If you want the tax side of delivery-use insurance and other work costs, see Uber Eats Tax Deductions.
How Uber’s extra auto coverage fits in
Uber’s supplemental auto coverage still depends on the stage of app use. Keep that separation clear in your own records.
Once you are online and available for requests, keep these coverages separate:
- $50,000 per person and $100,000 per accident in bodily injury liability coverage
- $25,000 per accident in property damage liability coverage
- Other state-required coverages where they apply
While you are making pickups and deliveries, the stronger coverage tier applies:
- $1 million minimum in bodily injury and property damage liability coverage
- Contingent collision and comprehensive coverage, subject to deductible and your own policy carrying those coverages first
- State-required uninsured or underinsured injury coverage and personal injury protection where applicable
Screening still matters even in a vehicle-focused article
Vehicle approval is not the whole activation file. You still have to clear the background and identity steps tied to the account.

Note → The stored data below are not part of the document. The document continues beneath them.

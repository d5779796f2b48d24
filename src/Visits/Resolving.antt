-- ===== src/Visits/Resolving.antt =====
-- Visits and the tickets they belong to: backend/src/ticketing/fsv/fsv.service.ts beside
-- backend/src/ticketing/tickets/tickets.service.ts.
use proman_edge_ace.Prelude.{
  ℕ, ◌≤◌, ◌≡◌, ◌∙◌, ap, String, true, some, [], ◌∷◌, arith, inl, inr, nat_eq,
}
use proman_edge_ace.Prelude.Dict.{Dict, lookup, modify, remove}
use proman_edge_ace.Prelude.Text.{trim, utf16_length}
use proman_edge_ace.Domain.Ticketing.{working}
use proman_edge_ace.Domain.People.{engineer}
use proman_edge_ace.Domain.Masters.{draft, submitted, fsv_status_eq}
use proman_edge_ace.Schema.{Db, Visit, Part, Ticket, Customer}
use proman_edge_ace.Env.{Env}
use proman_edge_ace.Action.{ok}
use proman_edge_ace.Store.Tables.{part_table, change}
use proman_edge_ace.Workflow.Rules.{Succeeds}
use proman_edge_ace.Workflow.{transition}
use proman_edge_ace.Tickets.Labels.{RequestUser}
use proman_edge_ace.Tickets.Progress.{engineer_resolve, resolve_params, has_submitted_visit}
use proman_edge_ace.Tickets.Progress.Resolution.{resolution_outcome}
use proman_edge_ace.Visits.Outcomes.{MaySubmit, OnFile, submission_outcome}
use proman_edge_ace.Visits.{submit, submitted_row, remove_part, draft_visit}

has_submitted_visit-modify :
    (id : ℕ) (v : Visit) (actor : RequestUser) (env : Env) (visits : Dict Visit)
    → lookup id visits ≡ some v
    → has_submitted_visit v.ticket_id (modify id (submitted_row env actor) visits) ≡ true
unfolding has_submitted_visit
has_submitted_visit-modify id v actor env [] found = cc
has_submitted_visit-modify id v actor env ((j, w) ∷ ws) found =
    ground (arith, found, has_submitted_visit-modify id v actor env ws)

-- An engineer at work on a ticket whose visit may be submitted gets the ticket resolved in two steps:
-- the submission is accepted, and after it, at any time, the report with a summary of at least
-- twenty characters succeeds. The visit's ticket and customer have to be on file.
pub submission_opens_resolution :
    (id : ℕ) (v : Visit) (t : Ticket) (c : Customer) (actor : RequestUser) (summary : String)
    (env later : Env) (db : Db)
    → OnFile id v t c db
    → MaySubmit id v actor db
    → t.status ≡ working
    → t.assigned_engineer_id ≡ some actor.user_id
    → actor.role ≡ engineer
    → 20 ≤ utf16_length (trim summary)
    → (db' : Db) × (submit id actor env db ≡ (ok (submitted_row env actor v), db'))
      × (engineer_resolve v.ticket_id summary actor later db'
          ≡ transition (resolve_params v.ticket_id summary actor) later db')
      × Succeeds (resolve_params v.ticket_id summary actor) later db' t
submission_opens_resolution id v t c actor summary env later db rows may at_work theirs role long =
    elim (submission_outcome id v t c actor env db rows) [
      | inr (never, _) ↦ absurd (never may)
      | inl (_, (db', done, k)) ↦
          elim (resolution_outcome v.ticket_id summary actor later db' t
            (ap (λ (d : Db). lookup v.ticket_id d.tickets) k.same ∙ rows.ticket)) [
              | inl (_, same, s) ↦ (db', done, same, s)
              | inr (never, _) ↦ absurd (
                  never (record {
                    is_theirs = theirs;
                    visited =
                        ap (λ (d : Db). has_submitted_visit v.ticket_id d.visits) k.same
                        ∙ has_submitted_visit-modify id v actor env db.visits rows.visit;
                    long_enough = long;
                    at_work = at_work;
                    role = inl role;
                  }))
            ]
    ]

-- `removePart` asks whether the visit that the request names is a draft, and not whether the part is
-- that visit's: under any draft `j`, a part of a visit that has been submitted is deleted.
pub any_draft_removes_parts :
    (j part_id : ℕ) (w v : Visit) (p : Part) (env : Env) (db : Db)
    → lookup j db.visits ≡ some w
    → w.status ≡ draft
    → lookup part_id db.parts ≡ some p
    → lookup p.visit_id db.visits ≡ some v
    → v.status ≡ submitted
    → remove_part j part_id env db ≡ (ok tt, change part_table (remove part_id) db)
unfolding remove_part draft_visit
any_draft_removes_parts j part_id w v p env db found open_yet on_file parent closed =
    ground (arith, found, open_yet, on_file)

Keep that process explicit in your records:
- Consent to screening
- Social Security number in the US
- Criminal-history review
- Driving-history review where a motor vehicle is part of the file
If you switch from bicycle to car or scooter later, save the mode-change approval and the date the new mode started.
How the signup flow handles mode choice
Use a numbered workflow here because the approval path is sequential:
- Download the Uber Driver app or open the Uber signup page.
- Create or sign in to your Uber account.
- Choose delivery and the transport mode you actually plan to use.
- Enter the information needed for screening and account verification.
- Upload the documents required for that mode.
- Wait for screening, document review, and activation.
If you already drive Uber rideshare, you may be able to add Uber Eats through Work Hub instead of opening a completely separate account.
What changes by market
United States
The US source set is strongest for clear car, scooter, bicycle, and foot rules, plus insurance and document requirements.
Canada
Canada is stricter on some car-delivery basics. The official Canada page is strongest on age, work-eligibility documents, and screening flow. Foot delivery is only available in select cities.
United Kingdom
The UK courier flow includes car, motorbike or scooter, and bicycle delivery. Insurance wording is more explicit there because the policy must cover food delivery or hire-and-reward style use where required.
Germany
Germany is more fleet-partner oriented. The official page is stronger on partner onboarding and business setup than on a simple individual courier-vehicle checklist.
Global note
Uber Eats is active in many more markets than the four sections above. Use these as representative examples, then confirm the local rule before assuming one mode is approved everywhere.
Questions you may still have
Do you have to do a job interview to deliver with Uber Eats?
No. The approval flow is document-, identity-, and screening-based rather than a traditional interview process.
Can you use a car for Uber Eats?
Yes, if your market allows car delivery and your car fits the local rules. But car delivery is only one option; some cities also support scooter, bicycle, or foot delivery.
Can the delivery mode you choose change what you earn?
Yes. A cheaper mode is not always the more profitable one. Parking, weather, order size, route length, and time spent reaching busy areas can all change which mode actually works best in your city.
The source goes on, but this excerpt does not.